• _Extracted information_
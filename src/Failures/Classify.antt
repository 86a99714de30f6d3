-- ===== src/Failures/Classify.antt =====
-- `classify_codex_failure` of app/codex/runner.py: which failure the output of the process is.
use text.Mathlib.Text.{find?}
use inryeok_bot.Prelude.{
  ℕ, String, Bool, true, false, Option, none, List, [], ◌∷◌, any, is_present, if◌then◌else◌,
}
use inryeok_bot.Failures.Convert.{CodexError}

-- The branches of the function, in their order.
pub data Kind : Type 0 where
  rate_limit quota authentication permission_denied configuration repository schema sandbox
        service_unavailable unknown_nonzero :
      Kind

abbrev pub mentions : String → List String → Bool
mentions text values = any (λ value. is_present (find? text value)) values

-- `text` is what `_error_text` makes of the output.
unfoldable pub failure_kind : String → Kind
failure_kind text =
    if mentions text ("rate limit" ∷ "too many requests" ∷ "http 429" ∷ "status 429" ∷ [])
    then rate_limit
    else if mentions text (
        "usage limit" ∷ "usage quota" ∷ "quota exceeded" ∷ "plan limit" ∷ "monthly limit"
        ∷ "credit balance" ∷ [])
    then quota
    else if mentions text (
        "not logged in" ∷ "login required" ∷ "authentication" ∷ "unauthorized" ∷ "session expired"
        ∷ "invalid api key" ∷ [])
    then authentication
    else if mentions text ("permission denied" ∷ "operation not permitted" ∷ [])
    then permission_denied
    else if mentions text
        ("unsupported option" ∷ "unknown option" ∷ "unexpected argument" ∷ "invalid config" ∷ [])
    then configuration
    else if mentions text ("not a git repository" ∷ "repository check" ∷ "fatal: not a git" ∷ [])
    then repository
    else if mentions text ("schema" ∷ "invalid json" ∷ "json parse" ∷ "structured output" ∷ [])
    then schema
    else if mentions text
        ("bwrap" ∷ "bubblewrap" ∷ "user namespace" ∷ "pivot_root" ∷ "sandbox" ∷ [])
    then sandbox
    else if mentions text (
        "service unavailable" ∷ "temporarily unavailable" ∷ "internal server error" ∷ "http 502"
        ∷ "http 503" ∷ "http 504" ∷ "connection reset" ∷ [])
    then service_unavailable
    else unknown_nonzero

abbrev coded : String → Bool → Option ℕ → String → CodexError
coded code retryable retry_at signature = record {
  code = code;
  retryable = retryable;
  retry_at = retry_at;
  signature = signature;
  exit_code = none;
  safe_diagnostic = [];
  diagnostic_extraction_failed = false;
  stderr_byte_length = 0;
  correlation_id = none;
  stage = "codex_exec";
}

-- The error of a branch. `retry_at` is what `_retry_at` reads from the text.
unfoldable pub kind_error : Option ℕ → Kind → CodexError
kind_error retry_at rate_limit = coded "CODEX_RATE_LIMIT" true retry_at "rate_limit"
kind_error retry_at quota = coded "CODEX_QUOTA" false retry_at "quota"
kind_error retry_at authentication = coded "CODEX_AUTH" false none "authentication"
kind_error retry_at permission_denied = coded "FILE_PERMISSION_ERROR" false none "permission_denied"
kind_error retry_at configuration = coded "CLI_ARGUMENT_ERROR" false none "configuration"
kind_error retry_at repository = coded "GIT_REPOSITORY_ERROR" false none "repository"
kind_error retry_at schema = coded "SCHEMA_ERROR" false none "schema"
kind_error retry_at sandbox = coded "SANDBOX_START_ERROR" false none "sandbox"
kind_error retry_at service_unavailable =
    coded "CODEX_SERVICE_UNAVAILABLE" true none "service_unavailable"
kind_error retry_at unknown_nonzero = coded "CODEX_EXIT_NONZERO" false none "unknown_nonzero"

unfoldable pub classify_codex_failure : (String → Option ℕ) → String → CodexError
unfolding failure_kind kind_error
classify_codex_failure retry_time text = kind_error (retry_time text) (failure_kind text)
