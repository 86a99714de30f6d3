-- ===== src/Failures/Convert/Classified.antt =====
-- The way of a failed process: from its output to the retry decision of the worker.
use inryeok_bot.Prelude.{
  ◌∙◌, ◌||◌, ◌&&◌, not, [], ◌∷◌, if◌then◌else◌, arith, ℕ, String, ◌≡◌, refl, Bool, true, false,
  Option,
}
use inryeok_bot.Jobs.Model.{ReviewJob}
use inryeok_bot.Failures.{defaults, later_defaults, schema_code, is_limit_code}
use inryeok_bot.Failures.Convert.{
  CodexError, codex_error, exception_code, exception_details, final_details, codex_details,
  failure_from_exception,
}
use inryeok_bot.Failures.Classify.{
  authentication, permission_denied, configuration, repository, schema, sandbox, unknown_nonzero,
  mentions, Kind, rate_limit, quota, service_unavailable, failure_kind, kind_error,
  classify_codex_failure,
}

-- The failures that are worth another try.
abbrev pub is_passing : Kind → Bool
is_passing rate_limit = true
is_passing quota = true
is_passing service_unavailable = true
is_passing _ = false

kind-retryable :
    (retry_at : Option ℕ) (k : Kind) (e : CodexError) (job : ReviewJob)
    → e.code ≡ (kind_error retry_at k).code
    → e.retryable ≡ (kind_error retry_at k).retryable
    → (failure_from_exception (codex_error e) job).retryable ≡ is_passing k
unfolding failure_from_exception exception_code exception_details final_details codex_details
    defaults later_defaults schema_code is_limit_code kind_error
kind-retryable retry_at rate_limit e job c r = rw (c, r) refl
kind-retryable retry_at service_unavailable e job c r = rw (c, r) refl
kind-retryable retry_at _ e job c r = rw (c, r) refl

kind-cases :
    (a b c d e f g h i : Bool)
    → is_passing (
        if a
        then rate_limit
        else if b
        then quota
        else if c
        then authentication
        else if d
        then permission_denied
        else if e
        then configuration
        else if f
        then repository
        else if g
        then schema
        else if h
        then sandbox
        else if i
        then service_unavailable
        else unknown_nonzero)
      ≡ ((a || b) || (i && not (c || d || e || f || g || h)))
kind-cases true b c d e f g h i = refl
kind-cases false true c d e f g h i = refl
kind-cases false false true d e f g h i = ground arith
kind-cases false false false d e f g h i = ground arith

-- Whether a text speaks of a limit that passes.
abbrev pub speaks_of_limit : String → Bool
speaks_of_limit text =
    mentions text ("rate limit" ∷ "too many requests" ∷ "http 429" ∷ "status 429" ∷ [])
    || mentions text (
        "usage limit" ∷ "usage quota" ∷ "quota exceeded" ∷ "plan limit" ∷ "monthly limit"
        ∷ "credit balance" ∷ [])

-- Whether it speaks of a service that failed.
abbrev pub speaks_of_service : String → Bool
speaks_of_service text = mentions text (
    "service unavailable" ∷ "temporarily unavailable" ∷ "internal server error" ∷ "http 502"
    ∷ "http 503" ∷ "http 504" ∷ "connection reset" ∷ [])

-- Whether it speaks of a cause that stays: the login, a permission, the command line, the repository,
-- the schema or the sandbox.
abbrev pub speaks_of_lasting : String → Bool
speaks_of_lasting text =
    mentions text (
      "not logged in" ∷ "login required" ∷ "authentication" ∷ "unauthorized" ∷ "session expired"
      ∷ "invalid api key" ∷ [])
    || mentions text ("permission denied" ∷ "operation not permitted" ∷ [])
    || mentions text
        ("unsupported option" ∷ "unknown option" ∷ "unexpected argument" ∷ "invalid config" ∷ [])
    || mentions text ("not a git repository" ∷ "repository check" ∷ "fatal: not a git" ∷ [])
    || mentions text ("schema" ∷ "invalid json" ∷ "json parse" ∷ "structured output" ∷ [])
    || mentions text ("bwrap" ∷ "bubblewrap" ∷ "user namespace" ∷ "pivot_root" ∷ "sandbox" ∷ [])

failure_kind-is_passing :
    (text : String)
    → is_passing (failure_kind text)
      ≡ (speaks_of_limit text || (speaks_of_service text && not (speaks_of_lasting text)))
unfolding failure_kind
failure_kind-is_passing text = kind-cases _ _ _ _ _ _ _ _ _

-- An error that has the code and the flag that the output of the process was classified with,
-- whatever else was filled in on its way, gives a failure that is retryable exactly if the output
-- has one of the markers of a rate limit or a quota, or has one of those of a failed service and
-- none of those of the login, a permission, the command line, the repository, the schema and the
-- sandbox.
pub classified_failure_retryable :
    (retry_time : String → Option ℕ) (text : String) (e : CodexError) (job : ReviewJob)
    → e.code ≡ (classify_codex_failure retry_time text).code
    → e.retryable ≡ (classify_codex_failure retry_time text).retryable
    → (failure_from_exception (codex_error e) job).retryable
      ≡ (speaks_of_limit text || (speaks_of_service text && not (speaks_of_lasting text)))
unfolding classify_codex_failure
classified_failure_retryable retry_time text e job c r =
    kind-retryable (retry_time text) (failure_kind text) e job c r ∙ failure_kind-is_passing text
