-- ===== src/Failures/Convert/Laws.antt =====
-- What a failure says of its exception: the retry decision, and the bounds.
use inryeok_bot.Prelude.{
  ◌≤◌, String, ◌≡◌, refl, ◌∙◌, Bool, true, false, ◌&&◌, ◌||◌, not, some, leb, ◌==◌, str_eq, ==_iff,
  arith, if◌then◌else◌, is_present, characters, characters-text_prefix, Bool-cases, inl, inr,
}
use inryeok_bot.Jobs.Model.{ReviewJob}
use inryeok_bot.Failures.{Defaults, schema_code, is_limit_code, later_defaults, defaults}
use inryeok_bot.Failures.Diagnostic.{FitsIn, diagnostic_parts_bounded, normalize_schema_diagnostic}
use inryeok_bot.Failures.Convert.{
  GitHubError, Failing, codex_error, github_error, github_code, exception_code, Details,
  final_details, exception_details, is_never, exception_category, without_details,
  failure_from_exception,
}

later-consistent :
    (code : String)
    → (later_defaults code).retryable ≡ not (is_never (later_defaults code).retry_policy)
unfolding later_defaults
later-consistent code = ground arith

-- The defaults of a code say by their flag what they say by their policy.
defaults-consistent :
    (code : String) → (defaults code).retryable ≡ not (is_never (defaults code).retry_policy)
unfolding defaults
defaults-consistent code = ground (arith, later-consistent code)

abbrev IsConsistent : Details → Type 0
IsConsistent d = d.retryable ≡ not (is_never d.retry_policy)

details-IsConsistent :
    (exc : Failing) (code : String) (d : Defaults)
    → d.retryable ≡ not (is_never d.retry_policy)
    → IsConsistent (exception_details exc code d)
unfolding exception_details
details-IsConsistent (codex_error e) code d h = ground arith
details-IsConsistent (github_error e) code d h = h
details-IsConsistent _ code d h = h

final-IsConsistent :
    (exc : Failing) (code : String) (d : Details)
    → IsConsistent d
    → IsConsistent (final_details exc code d)
unfolding final_details
final-IsConsistent exc code d h = ground arith

-- A failure is retryable exactly when its policy is not NEVER.
pub failure_retry_consistent :
    (exc : Failing) (job : ReviewJob)
    → let f = failure_from_exception exc job in f.retryable ≡ not (is_never f.retry_policy)
unfolding failure_from_exception
failure_retry_consistent exc job =
    let code = exception_code exc in
    final-IsConsistent exc code (exception_details exc code (defaults code))
      (details-IsConsistent exc code (defaults code) (defaults-consistent code))

-- Is the request worth another try: 429 and server errors, and a 403 that stands for a rate limit; never 401, 404 or 422.
abbrev pub github_may_recover : GitHubError → Bool
github_may_recover e =
    not (e.status_code == 401)
    && not (e.status_code == 404)
    && not (e.status_code == 422)
    && ((e.status_code == 429) || str_eq e.category "GITHUB_RATE_LIMIT" || leb 500 e.status_code)

final-retryable :
    (exc : Failing) (code : String) (d : Details)
    → (final_details exc code d).retryable ≡ d.retryable
unfolding final_details
final-retryable exc code d = ground arith

github_code-retryable :
    (e : GitHubError) → (defaults (github_code e)).retryable ≡ github_may_recover e
unfolding github_code defaults later_defaults schema_code is_limit_code
github_code-retryable e = elim (Bool-cases (e.status_code == 401)) [
  | inl a ↦ rw a refl
  | inr a ↦ elim (Bool-cases (e.status_code == 403)) [
    | inl b ↦
        let s : e.status_code ≡ 403 = (==_iff e.status_code 403).0 b in
        elim (Bool-cases (str_eq e.category "GITHUB_RATE_LIMIT")) [
          | inl r ↦ rw (s, r) refl
          | inr r ↦ rw (s, r) refl
        ]
    | inr b ↦ elim (Bool-cases (e.status_code == 404)) [
      | inl c ↦ rw (a, b, c) refl
      | inr c ↦ elim (Bool-cases (e.status_code == 422)) [
        | inl d ↦ rw (a, b, c, d) refl
        | inr d ↦ elim (Bool-cases (e.status_code == 429)) [
          | inl t ↦ rw (a, b, c, d, t) refl
          | inr t ↦ elim (Bool-cases (str_eq e.category "GITHUB_RATE_LIMIT")) [
            | inl r ↦ rw (a, b, c, d, t, r) refl
            | inr r ↦ elim (Bool-cases (leb 500 e.status_code)) [
              | inl f ↦ rw (a, b, c, d, t, r, f) refl
              | inr f ↦ rw (a, b, c, d, t, r, f) refl
            ]
          ]
        ]
      ]
    ]
  ]
]

-- A failed GitHub request is retryable exactly if its status is 429 or a server error or its
-- category is the rate limit, and its status is none of 401, 404 and 422; the failure keeps the
-- status.
pub github_failure_retryable :
    (e : GitHubError) (job : ReviewJob)
    → let f = failure_from_exception (github_error e) job in
      (f.retryable ≡ github_may_recover e) × (f.http_status ≡ some e.status_code)
unfolding failure_from_exception
github_failure_retryable e job = (
  final-retryable (github_error e) (exception_code (github_error e)) (
        exception_details (github_error e) (exception_code (github_error e))
          (defaults (exception_code (github_error e))))
      ∙ unfold exception_code exception_details in github_code-retryable e,
  refl,
)

abbrev IsBounded : Details → Type 0
IsBounded d =
    (characters d.signature ≤ 64) × FitsIn 128 d.output_field × FitsIn 64 d.validation_type

details-IsBounded :
    (exc : Failing) (code : String) (d : Defaults) → IsBounded (exception_details exc code d)
unfolding exception_details
details-IsBounded (codex_error e) code d =
    let kept =
      if is_present (schema_code code)
      then (normalize_schema_diagnostic e.safe_diagnostic).0
      else e.safe_diagnostic in
    let (field, type) = diagnostic_parts_bounded kept in
    (characters-text_prefix 64 e.signature, field, type)
details-IsBounded (github_error e) code d = (omega arith, tt, tt)
details-IsBounded _ code d = (omega arith, tt, tt)

final_case :
    (exc : Failing) (code : String) (d : Details)
    → IsBounded d
    → (a b c : Bool)
    → IsBounded (
        if a
        then record d { stage = "output_schema" }
        else if b
        then record d { stage = "output_model_validation" }
        else if c
        then record d { stage = "output_extract" }
        else without_details exc code d)
final_case exc code d h true b c = h
final_case exc code d h false true c = h
final_case exc code d h false false true = h
final_case exc code d h false false false =
    (characters-text_prefix 64 (exception_category exc code), tt, tt)

final-IsBounded :
    (exc : Failing) (code : String) (d : Details)
    → IsBounded d
    → IsBounded (final_details exc code d)
unfolding final_details
final-IsBounded exc code d h =
    final_case exc code d h
      (str_eq code "CODEX_OUTPUT_SCHEMA_MISMATCH" || str_eq code "SCHEMA_ERROR")
      (str_eq code "OUTPUT_MODEL_VALIDATION_FAILED") (str_eq code "CODEX_OUTPUT_INVALID_JSON")

-- Whatever the exception, signature, output field and validation type are bounded.
pub failure_bounded :
    (exc : Failing) (job : ReviewJob)
    → let f = failure_from_exception exc job in
      (characters f.safe_signature ≤ 64) × FitsIn 128 f.output_field × FitsIn 64 f.validation_type
unfolding failure_from_exception
failure_bounded exc job =
    let code = exception_code exc in
    final-IsBounded exc code (exception_details exc code (defaults code))
      (details-IsBounded exc code (defaults code))
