-- ===== src/Jobs/Fixtures.antt =====
-- A queue for the tests: one repository, open settings and a pending automatic job.
use inryeok_bot.Prelude.{true, false, none, some, List, [], ◌∷◌}
use inryeok_bot.Jobs.Model.{
  JobKey, ModelSnapshot, FailureColumns, ReviewJob, Database, pending, running, failed, succeeded,
  auto, retry,
}

abbrev pub a_key : JobKey
a_key = record {
  installation_id = 7;
  repository_owner = "owner";
  repository_name = "repo";
  pull_request_number = 3;
  base_sha = "base";
  head_sha = "head";
  trigger_type = auto;
}

abbrev pub no_snapshot : ModelSnapshot
no_snapshot = record {
  model = none;
  reasoning_effort = none;
  model_source = none;
  reasoning_source = none;
  model_catalog_version = none;
  model_catalog_entry_id = none;
  model_verification_id = none;
  schema_hash = none;
  codex_cli_version = none;
  executor_runtime_version = none;
}

abbrev pub no_columns : FailureColumns
no_columns = record {
  error_category = none;
  error_stage = none;
  error_signature = none;
  retry_policy = none;
  user_action_required = none;
  user_error_message = none;
  operator_error_message = none;
  output_field = none;
  validation_type = none;
  diagnostic_extraction_failed = none;
  http_status = none;
  codex_exit_code = none;
  correlation_id = none;
  stderr_byte_length = none;
  redacted_diagnostic = none;
}

abbrev pub pending_job : ReviewJob
pending_job = record {
  id = 1;
  delivery_id = "d1";
  source_comment_id = none;
  key = a_key;
  status = pending;
  attempts = 0;
  error_code = none;
  error_message = none;
  failure = no_columns;
  execution_id = none;
  created_at = 10;
  started_at = none;
  finished_at = none;
  not_before = none;
  retry_of_job_id = none;
  superseded_by_head_sha = none;
  snapshot = no_snapshot;
  terminal_outcome = none;
  reaction_cleanup_status = none;
}

-- The job once it was claimed at time 100.
abbrev pub running_job : ReviewJob
running_job = record pending_job { status = running; attempts = 1; started_at = some 100 }

-- A claimed job whose execution is recorded.
abbrev pub executing_job : ReviewJob
executing_job = record running_job { execution_id = some "e1" }

abbrev pub failed_job : ReviewJob
failed_job = record pending_job { status = failed; attempts = 1; finished_at = some 200 }

-- A failed retry of another job.
abbrev pub failed_retry : ReviewJob
failed_retry = record failed_job {
  id = 2;
  delivery_id = "d2";
  key = record a_key { trigger_type = retry };
}

abbrev pub succeeded_job : ReviewJob
succeeded_job = record pending_job { id = 2; delivery_id = "d2"; status = succeeded }

abbrev pub a_queue : List ReviewJob → Database
a_queue jobs = record {
  jobs = jobs;
  next_job_id = 5;
  repositories =
      record {
        installation_id = 7;
        repository_owner = "owner";
        repository_name = "repo";
        installed = true;
        override_enabled = none;
        override_auto_review_enabled = none;
        override_command_review_enabled = none;
      }
      ∷ [];
  global_settings = some (record {
    enabled = true;
    auto_review_enabled = true;
    command_review_enabled = true;
    processing_paused = false;
  });
  audit_logs = [];
  failure_notices = [];
}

• _Problem details_
What lines in the data hold the word "JobKey"? Return them.

• _Result of the exercise_
  JobKey, ModelSnapshot, FailureColumns, ReviewJob, Database, pending, running, failed, succeeded,
abbrev pub a_key : JobKey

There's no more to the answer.